Click through different poker hands to see how the counting breaks down. Each calculation uses binomial coefficients to count the favorable outcomes, then divides by C(52,5) total possible hands.
For example, a full house (three of one rank, two of another):
- Choose the rank for three-of-a-kind: C(13,1) = 13 ways
- Choose which 3 suits: C(4,3) = 4 ways
- Choose the rank for the pair: C(12,1) = 12 ways
- Choose which 2 suits: C(4,2) = 6 ways
- Total: 13 × 4 × 12 × 6 = 3,744 favorable hands
- Probability: 3,744 / 2,598,960 ≈ 0.144%
Probability Axioms
The naive definition is restrictive. The general definition of probability requires just two axioms:
- P(S) = 1, P(∅) = 0: Something must happen, and nothing is impossible
- Countable additivity: For disjoint events A₁, A₂, ..., P(A₁ ∪ A₂ ∪ ...) = P(A₁) + P(A₂) + ...
From these axioms, we can derive:
- P(Aᶜ) = 1 - P(A)
- If A ⊆ B, then P(A) ≤ P(B)
- P(A ∪ B) = P(A) + P(B) - P(A ∩ B)
The axioms tell us how probability must behave mathematically, but not how to interpret it. Frequentists interpret probability as long-run frequency. Bayesians interpret it as degree of belief. Both views are useful for building intuition.
Common Pitfalls
Leibniz's Mistake
Even great mathematicians can err. Leibniz wrongly argued that rolling two dice gives equal probability for sums of 11 and 12, claiming each can be attained in "only one way."

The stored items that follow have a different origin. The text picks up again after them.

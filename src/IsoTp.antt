-- ===== src/IsoTp.antt =====
-- The transport of src/isotp.c and include/isotp.h: its constants and frames, the sender, the
-- receiver, and what is proved of them.
pub mod Frame
pub mod Send
pub mod Recv
pub mod Segments
pub mod Layout
pub mod Clearance
pub mod Written
pub mod Sent
pub mod Capacity
pub mod Reassembly
pub mod RoundTrip
pub mod Lost
pub mod Parts
pub mod Steps
pub mod Intact
pub mod FlowControl
mod Examples
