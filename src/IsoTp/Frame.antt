-- ===== src/IsoTp/Frame.antt =====
-- The frames of src/isotp.c and what the process reads from the bus. `struct can_frame`, the mask
-- of its identifier and the calls of src/can_io.c belong to Linux: each call's answer is an input.
use vecu_uds.Base.{ℕ, ◌-◌, List, ◌++◌, u8, ◌>>>◌, length, get_or, replicate}

-- ISOTP_MAX_PAYLOAD, ISOTP_PADDING, ISOTP_N_CR_MS
abbrev pub max_payload : ℕ
max_payload = 4095

abbrev pub padding : ℕ
padding = 0x00

abbrev pub n_cr_ms : ℕ
n_cr_ms = 1000

-- CAN_SFF_MASK
abbrev pub can_sff_mask : ℕ
can_sff_mask = 0x7FF

-- PCI_SF, PCI_FF, PCI_CF, PCI_FC
abbrev pub pci_sf : ℕ
pci_sf = 0x0

abbrev pub pci_ff : ℕ
pci_ff = 0x1

abbrev pub pci_cf : ℕ
pci_cf = 0x2

abbrev pub pci_fc : ℕ
pci_fc = 0x3

-- FC_FS_CTS, FC_FS_WAIT
abbrev pub fc_fs_cts : ℕ
fc_fs_cts = 0x0

abbrev pub fc_fs_wait : ℕ
fc_fs_wait = 0x1

-- `struct can_frame`; every frame has its eight data bytes. `can_dlc` is left out: frame_pad makes it
-- 8, and the receiver does not look at it.
pub record CanFrame : Type 0 where
  pub can_id : ℕ
  pub payload : List ℕ

-- `isotp_addr_t`
pub record Addr : Type 0 where
  pub rx_id : ℕ
  pub tx_id : ℕ

-- What one call of `can_io_recv` gives. With a frame come the clock readings that follow it: the
-- one that is tested against a deadline, and the one that a new deadline is made of.
pub data Event : Type 0 where
  arrived : CanFrame → (now later : ℕ) → Event
  interrupted : Event
  broken : Event

-- PCI_TYPE
abbrev pub pci_type : ℕ → ℕ
pci_type b = u8 (b >>> 4)

abbrev pub data_at : CanFrame → ℕ → ℕ
data_at f i = get_or f.payload i 0

-- frame_pad over the bytes that are in use
abbrev pub frame_pad : List ℕ → List ℕ
frame_pad used = used ++ replicate (8 - length used) padding
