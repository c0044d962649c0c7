-- ===== src/IsoTp/Recv.antt =====
-- The receiver of src/isotp.c, one frame at a time. `writes n` says whether the write of the flow
-- control frame number n succeeds.
use vecu_uds.Base.{
  u64, true, leb, length, drop, ◌++◌, take, ◌||◌, not, ltb, ◌!=◌, u8, ◌==◌, ◌∷◌, if◌then◌else◌,
  ◌<<◌, [], ◌-◌, bit_or, false, bit_and, Bool, List, ℕ, ◌+◌,
}
use vecu_uds.IsoTp.Frame.{
  pci_cf, n_cr_ms, pci_ff, max_payload, broken, pci_sf, fc_fs_cts, interrupted, arrived, frame_pad,
  Event, can_sff_mask, pci_type, data_at, Addr, CanFrame,
}

-- The local variables of isotp_recv. `out` is what has been written to the caller's buffer.
pub record Rx : Type 0 where
  pub receiving : Bool
  pub total_len : ℕ
  pub got : ℕ
  pub expected_sn : ℕ
  pub deadline : ℕ
  pub out : List ℕ
  pub controls : List CanFrame

-- How a call of isotp_recv ends: its return codes 0 (with the message), 1 and -1, or it still waits
-- for the bus.
pub data RecvResult : Type 0 where
  received : List ℕ → RecvResult
  recv_interrupted : RecvResult
  recv_failed : RecvResult
  blocked : Rx → RecvResult

pub data Next : Type 0 where
  continue : Rx → Next
  finish : RecvResult → Next

-- the frame of send_fc_cts
abbrev pub flow_control : ℕ → CanFrame
flow_control tx_id = record {
  can_id = bit_and tx_id can_sff_mask;
  payload = frame_pad (u8 (bit_or 0x30 fc_fs_cts) ∷ 0x00 ∷ 0x00 ∷ []);
}

module _ (writes : ℕ → Bool) (addr : Addr) (out_cap : ℕ) where
  -- a single frame, and a first frame, outside a reassembly
  abbrev pub on_single : Rx → CanFrame → Next
  on_single rx f =
      let len = bit_and (data_at f 0) 0x0F in
      if len == 0 || ltb 7 len || ltb out_cap len
      then continue rx
      else finish (received (take len (drop 1 f.payload)))

  abbrev pub on_first : Rx → CanFrame → ℕ → Next
  on_first rx f later =
      let total = bit_or (bit_and (data_at f 0) 0x0F << 8) (data_at f 1) in
      if ltb total 8 || ltb max_payload total || ltb out_cap total
      then continue (record rx { total_len = total })
      else if writes (length rx.controls)
      then continue (record {
        receiving = true;
        total_len = total;
        got = 6;
        expected_sn = 1;
        deadline = u64 (later + n_cr_ms);
        out = take 6 (drop 2 f.payload);
        controls = rx.controls ++ flow_control addr.tx_id ∷ [];
      })
      else finish recv_failed

  -- a consecutive frame with the expected sequence number
  abbrev pub on_chunk : Rx → CanFrame → ℕ → Next
  on_chunk rx f later =
      let remaining = rx.total_len - rx.got in
      let chunk = if ltb 7 remaining then 7 else remaining in
      let out = take rx.got rx.out ++ take chunk (drop 1 f.payload) in
      if leb rx.total_len (rx.got + chunk)
      then finish (received (take rx.total_len out))
      else continue (record rx {
        out = out;
        got = rx.got + chunk;
        expected_sn = u8 (bit_and (rx.expected_sn + 1) 0x0F);
        deadline = u64 (later + n_cr_ms);
      })

  -- one round of the loop of isotp_recv
  unfoldable pub on_frame : Rx → CanFrame → ℕ → ℕ → Next
  on_frame rx f now later =
      let pci = pci_type (data_at f 0) in
      if bit_and f.can_id can_sff_mask != addr.rx_id
      then continue rx
      else if not rx.receiving
      then (if pci == pci_sf
          then on_single rx f
          else if pci == pci_ff
          then on_first rx f later
          else continue rx)
      else if ltb rx.deadline now
      then finish recv_failed
      else if pci != pci_cf
      then continue (record rx { receiving = false })
      else if bit_and (data_at f 0) 0x0F != rx.expected_sn
      then finish recv_failed
      else on_chunk rx f later

  unfoldable pub recv_loop : Rx → List Event → RecvResult
  recv_loop rx [] = blocked rx
  recv_loop rx (interrupted ∷ es) = recv_interrupted
  recv_loop rx (broken ∷ es) = recv_failed
  recv_loop rx (arrived f now later ∷ es) = elim (on_frame rx f now later) [
    | continue rx' ↦ recv_loop rx' es
    | finish r ↦ r
  ]

  abbrev pub idle : Rx
  idle = record {
    receiving = false;
    total_len = 0;
    got = 0;
    expected_sn = 1;
    deadline = 0;
    out = [];
    controls = [];
  }

  -- isotp_recv over what the bus gives
  unfoldable pub isotp_recv : List Event → RecvResult
  unfolding recv_loop on_frame
  isotp_recv events = recv_loop idle events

The error: treating the dice as indistinguishable. If we label them A and B:
- Sum of 11: (A=5, B=6) or (A=6, B=5): 2 ways
- Sum of 12: (A=6, B=6): 1 way
Antidote: Always label your objects. If Leibniz had thought of "left die" and "right die," he wouldn't have made this mistake.
The Naive Definition Trap
Not all outcomes are equally likely. "It will either happen or it won't" doesn't mean 50-50. Before using the naive definition, verify that symmetry or design actually makes outcomes equally likely.
Where to Go Next
This post covers the counting machinery that probability is built on. The next step is conditional probability, where you ask: given that I know something happened, how does that change what I believe? That leads to Bayes' rule, which is where probability really starts to get useful for reasoning about the real world.